I agree with your first statement because it is like that with anything. But that wasnt my point. Programming did catch my interest so I bought a book to learn up on how to do it and as I was reading, it never really made any sense as to why they used what they did. 

I personally learn better with hands on than with reading out of a book. That is why I am good with computer repair. I probably could be too on the networking side of things, but there is also a lot of memorization shit that Id have to know. ADD doesnt help things much either. 

Even if I did/do want to learn about C++, I wouldn't know what to ask let alone have you guys here on the forum begin to teach me via a forum.


----------



## [I.R.A]_FBi (Jun 4, 2008)

Kreij said:


> Okay, IRA, if you want to get over your "fear factor" of VS, try it again and post anything that you are not sure of and we will guide you along.



I want to start something basic (like the code example before this) i want to use VC++08Express, what options should i choose starting up?


----------



## Kreij (Jun 4, 2008)

First, my apologies to IRA. Your thread is wandering from us helping you, to maybe helping anyone who wants to code.
I hope you are not disappointed in that as you may have started a thread that helps more new progarmmers than any so far 



CrAsHnBuRnXp said:


> I agree with your first statement because it is like that with anything. But that wasnt my point. Programming did catch my interest so I bought a book to learn up on how to do it and as I was reading, it never really made any sense as to why they used what they did.



This would be similar to buying a book on how to drive a car. If you don't try it, you just don't get it.



> I personally learn better with hands on than with reading out of a book. That is why I am good with computer repair. I probably could be too on the networking side of things, but there is also a lot of memorization shit that Id have to know.
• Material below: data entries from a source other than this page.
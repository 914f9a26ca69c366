-- ===== src/Network/Worker/Synced.antt =====
-- A block that one node announces, at another node (network/worker.rs).
use ce334_bitcoin_client.Prelude.{
  ◌≡◌, ◌≢◌, refl, sym, ap, ◌∙◌, false, none, some, List, [], ◌∷◌, append-nil, Outcome, done,
}
use ce334_bitcoin_client.Crypto.Hash.{H256, gt, h256_key}
use ce334_bitcoin_client.HashMap.{get, contains_key}
use ce334_bitcoin_client.HashMap.Laws.{All-get}
use ce334_bitcoin_client.Platform.{Platform}
use ce334_bitcoin_client.Block.{genesis}
use ce334_bitcoin_client.Block.Hashing.{hash_block}
use ce334_bitcoin_client.Blockchain.{
  Blockchain, Stored, parent_of, insert_block_with_validation, look_up_block,
}
use ce334_bitcoin_client.Blockchain.Steps.{child_height}
use ce334_bitcoin_client.Blockchain.Valid.{IsValid, IsLinked, root, child}
use ce334_bitcoin_client.Blockchain.Verdict.{
  verdict, accepted, Follows, insert_block_with_validation-Follows,
}
use ce334_bitcoin_client.Network.Message.{new_block_hashes, get_blocks, blocks}
use ce334_bitcoin_client.Network.Worker.{
  write, broadcast, handle_message, insert_blocks, unknown_block_hashes, requested_blocks,
}

module _ (p : Platform) where
  -- The block of a linked entry is accepted where the parent is stored alike.
  linked-accepted :
      (k : H256) (x : Stored) (here there : Blockchain)
      → IsLinked p here.hash_to_block (k, x)
      → k ≢ hash_block p genesis
      → get k there.hash_to_block ≡ none
      → get (parent_of x.block) there.hash_to_block ≡ get (parent_of x.block) here.hash_to_block
      → (parent : Stored) × (verdict p x.block there ≡ accepted parent x.state)
        × (k ≡ hash_block p x.block)
        × (x.height ≡ child_height p parent)
  unfolding verdict contains_key
  linked-accepted k x here there (root is_genesis _) other new same = absurd (other is_genesis)
  linked-accepted k x here there (child parent found own height hard applies) other new same =
      let found' : get (parent_of x.block) there.hash_to_block ≡ some parent = same ∙ found in
      let lacks : get (hash_block p x.block) there.hash_to_block ≡ none = rw (← own) new in
      let absent : contains_key (hash_block p x.block) there.hash_to_block ≡ false =
        rw (contains_key, lacks) refl in
      let meets : gt (hash_block p x.block) parent.block.header.difficulty ≡ false =
        rw (← own) hard in
      (parent, rw (verdict, absent, found', meets, applies) refl, own, height)

  insert_blocks-one :
      (k : H256) (x : Stored) (there there' : Blockchain) (rest : List H256)
      → insert_block_with_validation p x.block there ≡ done (k ∷ rest, there')
      → handle_message p (blocks (x.block ∷ [])) there
        ≡ done (broadcast (new_block_hashes (k ∷ rest)) ∷ [], there')
  unfolding handle_message insert_blocks
  insert_blocks-one k x there there' rest e =
      rw (handle_message, insert_blocks, e, append-nil rest) refl

  -- A node announces a block that it stores, other than the genesis block, to a node that lacks it and
  -- stores the same under the parent's hash. The second asks the first for the block and is sent it; it
  -- then stores just what the first stores, the height and the state included, and announces the block.
  pub handle_message-synced :
      (k : H256) (x : Stored) (here there : Blockchain)
      → IsValid p here
      → IsValid p there
      → get k here.hash_to_block ≡ some x
      → k ≢ hash_block p genesis
      → get k there.hash_to_block ≡ none
      → get (parent_of x.block) there.hash_to_block ≡ get (parent_of x.block) here.hash_to_block
      → (handle_message p (new_block_hashes (k ∷ [])) there
          ≡ done (write (get_blocks (k ∷ [])) ∷ [], there))
        × (handle_message p (get_blocks (k ∷ [])) here
            ≡ done (write (blocks (x.block ∷ [])) ∷ [], here))
        × ((rest : List H256) × (there' : Blockchain) × (handle_message p
                (blocks (x.block ∷ []))
                there
              ≡ done (broadcast (new_block_hashes (k ∷ rest)) ∷ [], there'))
            × (get k there'.hash_to_block ≡ some x))
  unfolding handle_message unknown_block_hashes requested_blocks look_up_block
  handle_message-synced k x here there v w found other new same =
      let linked : IsLinked p here.hash_to_block (k, x) =
        All-get (IsLinked p here.hash_to_block) k here.hash_to_block v.linked found in
      let (parent, fate, own, height) = linked-accepted k x here there linked other new same in
      let follows : Follows p x.block there (accepted parent x.state)
          (insert_block_with_validation p x.block there) =
        rw fate at (insert_block_with_validation-Follows p x.block there w) in
      let (rest, there', ran, stored) = follows in
      (
        rw (handle_message, unknown_block_hashes, look_up_block, new) refl,
        rw (handle_message, requested_blocks, look_up_block, found) refl,
        (
          rest,
          there',
          insert_blocks-one k x there there' rest (
              ran
              ∙ ap {B = Outcome (List H256 × Blockchain)} (λ h. done (h ∷ rest, there')) (sym own)),
          ap (λ h. get h there'.hash_to_block) own
              ∙ stored
              ∙ ap (λ n. some (record { block = x.block; height = n; state = x.state }))
                  (sym height),
        ),
      )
ADD doesnt help things much either.



Hands on is everything. Same with programming. You don't have to memorize everything, you just have to remember where to look stuff up.
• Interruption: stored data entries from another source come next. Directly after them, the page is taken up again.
-- ===== src/TransactionGenerator.antt =====
-- transaction_generator.rs: the transactions that the node makes between the accounts of the coin offering.
-- The random bytes are arguments. The wait on the channel, whose result is ignored, is left out.
pub mod Funded
pub mod Generated
use ce334_bitcoin_client.Prelude.{
  ℕ, ◌+◌, ◌%◌, Bool, true, false, not, none, some, List, [], ◌∷◌, map, ◌==◌, if◌then◌else◌, Outcome,
  done, panicked, out_of_fuel, ◌>>=◌,
}
use ce334_bitcoin_client.Crypto.Hash.{H256}
use ce334_bitcoin_client.Transaction.{SignedTransaction}
use ce334_bitcoin_client.Transaction.Signing.{
  get_deterministic_keypair, address_of, from_raw, hash_signed,
}
use ce334_bitcoin_client.State.{AccountInfo, State, get_acc_info}
use ce334_bitcoin_client.Platform.{Platform}
use ce334_bitcoin_client.Blockchain.{
  Blockchain, Stored, tip_data, insert_transaction_with_validation,
}
use ce334_bitcoin_client.Network.Message.{Message, new_transaction_hashes}

-- A byte is divisible by 8 for one signature in eight that is made with the wrong key.
abbrev pub signs_validly : ℕ → Bool
signs_validly random = not (random % 8 == 0)

module _ (p : Platform) where
  -- The closure that makes a transaction from account `next_sender_acc`.
  unfoldable pub generate : ℕ → ℕ → ℕ → Blockchain → Outcome SignedTransaction
  unfolding tip_data get_acc_info from_raw
  generate next_sender_acc random_receiver random_validity bc = do
    let receiver_acc_num = random_receiver % 10
    let sender_key_pair = get_deterministic_keypair p next_sender_acc
    let receiver_key_pair = get_deterministic_keypair p receiver_acc_num
    let from_addr = address_of p sender_key_pair
    latest ← tip_data bc
    info ← elim (get_acc_info latest.state from_addr) [ none ↦ panicked | some i ↦ done i ]
    done (
        from_raw p
          (record {
            from_addr = from_addr;
            to_addr = address_of p receiver_key_pair;
            value = 1;
            nonce = info.nonce;
          })
          (if signs_validly random_validity then sender_key_pair else receiver_key_pair))

  -- `for transaction in &transactions`: what the insertion returns is ignored.
  unfoldable pub add_to_mempool : List SignedTransaction → Blockchain → Outcome Blockchain
  add_to_mempool [] bc = done bc
  add_to_mempool (t ∷ ts) bc = do
    (_, bc') ← insert_transaction_with_validation p t bc
    add_to_mempool ts bc'

  -- The body of `generation_loop`: the next sender, what is broadcast, and the chain.
  unfoldable pub generation_iteration : ℕ → ℕ → ℕ → Blockchain → Outcome (ℕ × Message × Blockchain)
  unfolding generate add_to_mempool
  generation_iteration next_sender_acc random_receiver random_validity bc = do
    transaction ← generate next_sender_acc random_receiver random_validity bc
    let transactions = transaction ∷ []
    bc' ← add_to_mempool transactions bc
    done
        ((next_sender_acc + 1) % 10, new_transaction_hashes (map (hash_signed p) transactions), bc')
> Even if I did/do want to learn about C++, I wouldn't know what to ask let alone have you guys here on the forum begin to teach me via a forum.



You don't have to know what to ask. Just start a thread saying you would like to begin learning. We know what it was like to begin, do not feel intimidated. When I first started programming, all the coders I asked simple questions of were happy to help me. I will always pass that attitude along to anyone who wishes to learn.

If we do not share our knowledge, we have accomplished nothing.


----------



## [I.R.A]_FBi (Jun 4, 2008)

Kreij said:


> First, my apologies to IRA. Your thread is wandering from us helping you, to maybe helping anyone who wants to code.
> I hope you are not disappointed in that as you may have started a thread that helps more new progarmmers than any so far



i dont mind, theyre helpless like me.


----------



## Kreij (Jun 4, 2008)

[I.R.A]_FBi said:


> I want to start something basic (like the code example before this) i want to use VC++08Express, what options should i choose starting up?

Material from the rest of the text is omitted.